Traditional Japanese Jujutsu has joint locks, throws/takedowns, kicks and strikes.

BJJ comes from Mitsuyo Maeda who was a student of judo's founder Kano Jigoro. But before training with Kano Jigoro I believe Mitsuyo Maeda had trained some Sumo, however I cannot be sure about the Sumo bits. Carlos Gracie trained with Mitsuyo Maeda and from that BJJ was born

However Kano Judo was referred to as Kano jiu-jitsu and Kano did originally train jujutsu before coming up with Judo


----------



## Chris Parker (Sep 17, 2014)

You seem to be obsessed with the idea of techniques being important&#8230; I've noticed it throughout your threads&#8230; so the first thing I'm going to advise is to forget about that. It's really not that important. 

From there, let's look at your questions:

Traditional jujutsu (note the spelling), meaning classical Japanese? Pretty much none, really&#8230; it's a minimalist area, and the idea of ground work as it's seen in BJJ is really not there at all. Of course, it'll depend on the ryu-ha in question for definite answers (the idea of "traditional jujutsu" covers an incredible amount of ground, so to speak), but realistically, ground work is not ideal in their context at all. It's kind of a last-ditch tactic, with most being recovery positions rather than anything else (if anything at all, really).

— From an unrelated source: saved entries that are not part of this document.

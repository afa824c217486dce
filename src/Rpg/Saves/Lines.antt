-- ===== src/Rpg/Saves/Lines.antt =====
-- The lines of a save of demo-rpg/src/save_manager.cpp, and what `read` makes of each.
use c_book.Prelude.{
  ℕ, suc, ◌≡◌, refl, ap, ◌∙◌, sym, true, false, List, [], ◌∷◌, ◌++◌, append-nil, append_assoc, All,
  All-map, All-append, codes, arith, ◌==◌, ok, ◌>>=◌,
}
use c_book.Prelude.Int.{ℤ, pos, negsuc}
use c_book.Prelude.Tables.{Table}
use c_book.Rpg.Items.{Item, weapon, armor, consumable, Inventory}
use c_book.Rpg.Places.{Location, World}
use c_book.Rpg.Streams.{is_decimal, next_word, print_int, digits, lines}
use c_book.Rpg.Saves.Writing.{
  escape, fields, item_line, save_line, inventory_lines, location_lines, world_lines,
}
use c_book.Rpg.Saves.Reading.{Draft, parse_item, push_item, parse_line, parse_lines}
use c_book.Rpg.Saves.Words.{IsInk, IsWord, lines-save_line, digits-digit}
use c_book.Rpg.Saves.Items.{IsName, IsSavable, escape-IsWord, next_word-space, parse_item-item_line}

-- No line ends here.
abbrev pub IsLine : List ℕ → Type 0
IsLine l = All (λ c. (c == 10) ≡ false) l

ink-IsLine : (cs : List ℕ) → All IsInk cs → IsLine cs
ink-IsLine cs h = All-map ink cs h
  where
    ink : (c : ℕ) → IsInk c → (c == 10) ≡ false
    ink c h = ground arith

pub IsWord-IsLine : (w : List ℕ) → IsWord w → IsLine w
IsWord-IsLine [] h = tt
IsWord-IsLine (c ∷ cs) h = ink-IsLine (c ∷ cs) h

digits-IsLine : (f n : ℕ) → IsLine (digits f n)
digits-IsLine f n = All-map mark (digits f n) (digits-digit f n)
  where
    mark : (c : ℕ) → is_decimal c ≡ true → (c == 10) ≡ false
    mark c h = ground arith

pub print_int-IsLine : (n : ℤ) → IsLine (print_int n)
unfolding print_int
print_int-IsLine (pos n) = digits-IsLine 10 n
print_int-IsLine (negsuc n) = (refl, digits-IsLine 10 (suc n))

fields-IsLine :
    (type name : List ℕ) (w x : ℤ) → IsLine type → IsName name → IsLine (fields type name w x)
unfolding fields
fields-IsLine type name w x ht hn = All-append _ type _ ht (
  refl,
  All-append _ (escape name) _ (IsWord-IsLine (escape name) (escape-IsWord name hn))
      (refl, All-append _ (print_int w) _ (print_int-IsLine w) (refl, print_int-IsLine x)),
)

item_line-IsLine : (i : Item) → IsSavable i → IsLine (item_line i)
unfolding item_line
item_line-IsLine (weapon n w d) h =
    fields-IsLine (codes "weapon") n w d (refl, (refl, (refl, (refl, (refl, (refl, tt)))))) h.0
item_line-IsLine (armor n w d) h =
    fields-IsLine (codes "armor") n w d (refl, (refl, (refl, (refl, (refl, tt))))) h.0
item_line-IsLine (consumable n w d) h =
    fields-IsLine (codes "consumable") n w d
      (refl, (refl, (refl, (refl, (refl, (refl, (refl, (refl, (refl, (refl, tt)))))))))) h.0

-- One save_line, and on.
pub parse_lines-save_line :
    (c : ℕ) (l rest : List ℕ) (d d' : Draft)
    → IsLine (c ∷ l)
    → parse_line (c ∷ l) d ≡ ok d'
    → parse_lines (lines (save_line (c ∷ l) ++ rest)) d ≡ parse_lines (lines rest) d'
unfolding parse_lines
parse_lines-save_line c l rest d d' h e =
    ap (λ ls. parse_lines ls d) (lines-save_line (c ∷ l) rest h)
    ∙ ap (λ o. o >>= parse_lines (lines rest)) e

parse_line-inv :
    (i : Item) (d : Draft)
    → IsSavable i
    → parse_line (codes "inv " ++ item_line i) d ≡ ok (record d { items = d.items ++ i ∷ [] })
unfolding parse_line next_word
parse_line-inv i d h =
    ap (λ o. o >>= λ j. ok (record d { items = d.items ++ j ∷ [] })) (parse_item-item_line i h)

parse_line-wloc :
    (id : List ℕ) (i : Item) (d : Draft)
    → IsWord id
    → IsSavable i
    → parse_line (codes "wloc " ++ (id ++ (32 ∷ item_line i))) d
      ≡ ok (record d { location_items = push_item id i d.location_items })
unfolding parse_line next_word
parse_line-wloc id i d hid h =
    ap
      (λ o.
        parse_item o.1 >>= λ j. ok (record d { location_items = push_item o.0 j d.location_items }))
      (next_word-space [] id (32 ∷ item_line i) hid refl)
    ∙ ap (λ o. o >>= λ j. ok (record d { location_items = push_item id j d.location_items }))
        (parse_item-item_line i h)

pub parse_lines-inventory_lines :
    (items : Inventory) (rest : List ℕ) (d : Draft)
    → All IsSavable items
    → parse_lines (lines (inventory_lines items ++ rest)) d
      ≡ parse_lines (lines rest) (record d { items = d.items ++ items })
unfolding inventory_lines
parse_lines-inventory_lines [] rest d h =
    ap (λ l. parse_lines (lines rest) (record d { items = l })) (sym (append-nil d.items))
parse_lines-inventory_lines (i ∷ items) rest d h =
    let l = codes "inv " ++ item_line i in
    ap (λ t. parse_lines (lines t) d) (append_assoc (save_line l) (inventory_lines items) rest)
    ∙ parse_lines-save_line 105 (codes "nv " ++ item_line i) (inventory_lines items ++ rest) d _
        (refl, (refl, (refl, (refl, item_line-IsLine i h.0)))) (parse_line-inv i d h.0)
    ∙ parse_lines-inventory_lines items rest (record d { items = d.items ++ i ∷ [] }) h.1
    ∙ ap (λ t. parse_lines (lines rest) (record d { items = t }))
        (append_assoc d.items (i ∷ []) items)

-- What `read` makes of the items of the locations, in the order of the lines.
abbrev pub push_items : List ℕ → Inventory → Table Inventory → Table Inventory
push_items id [] t = t
push_items id (i ∷ items) t = push_items id items (push_item id i t)

abbrev pub push_world : World → Table Inventory → Table Inventory
push_world [] t = t
push_world ((key, l) ∷ w) t = push_world w (push_items l.id l.items t)

parse_lines-location_lines :
    (id : List ℕ) (items : Inventory) (rest : List ℕ) (d : Draft)
    → IsWord id
    → All IsSavable items
    → parse_lines (lines (location_lines id items ++ rest)) d
      ≡ parse_lines
          (lines rest)
          (record d { location_items = push_items id items d.location_items })
unfolding location_lines
parse_lines-location_lines id [] rest d hid h = refl
parse_lines-location_lines id (i ∷ items) rest d hid h =
    let l = codes "wloc " ++ (id ++ (32 ∷ item_line i)) in
    ap (λ t. parse_lines (lines t) d) (append_assoc (save_line l) (location_lines id items) rest)
    ∙ parse_lines-save_line 119 (codes "loc " ++ (id ++ (32 ∷ item_line i)))
        (location_lines id items ++ rest) d
        (record d { location_items = push_item id i d.location_items })
        (
          refl,
          (
            refl,
            (
              refl,
              (
                refl,
                (refl, All-append _ id _ (IsWord-IsLine id hid) (refl, item_line-IsLine i h.0)),
              ),
            ),
          ),
        )
        (parse_line-wloc id i d hid h.0)
    ∙ parse_lines-location_lines id items rest
        (record d { location_items = push_item id i d.location_items }) hid h.1

-- A location whose items come back, under its own name.
abbrev pub IsPlace : List ℕ × Location → Type 0
IsPlace (key, l) = (key ≡ l.id) × IsWord l.id × All IsSavable l.items

pub parse_lines-world_lines :
    (w : World) (d : Draft)
    → All IsPlace w
    → parse_lines (lines (world_lines w)) d
      ≡ ok (record d { location_items = push_world w d.location_items })
unfolding world_lines lines parse_lines
parse_lines-world_lines [] d h = refl
parse_lines-world_lines ((key, l) ∷ w) d h =
    parse_lines-location_lines l.id l.items (world_lines w) d h.0.1 h.0.2
    ∙ parse_lines-world_lines w
        (record d { location_items = push_items l.id l.items d.location_items }) h.1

What's traditional Jujutsu like? Wow, how long you got?

In brief, there have been literally hundreds, if not thousands, or forms of what would be identified as "jujutsu" from old Japan&#8230; often given a different name for various reasons&#8230; with no single unifying characteristic to link them, really, other than an emphasis on either unarmed or lightly armed combat&#8230; so, is it all about joint locks? No, but some systems would be yes. Throws, takedowns? Again, no, but some systems would be yes. Dirty strikes? No idea what you're meaning by that&#8230; 

Which art would be better suited? Really, neither. Classical jujutsu will be geared towards a context that doesn't exist anymore, and BJJ is geared towards a context that isn't "the street"&#8230; of course, both do have a lot that can be just as equally applied&#8230; so it's going to come more down to how it's trained.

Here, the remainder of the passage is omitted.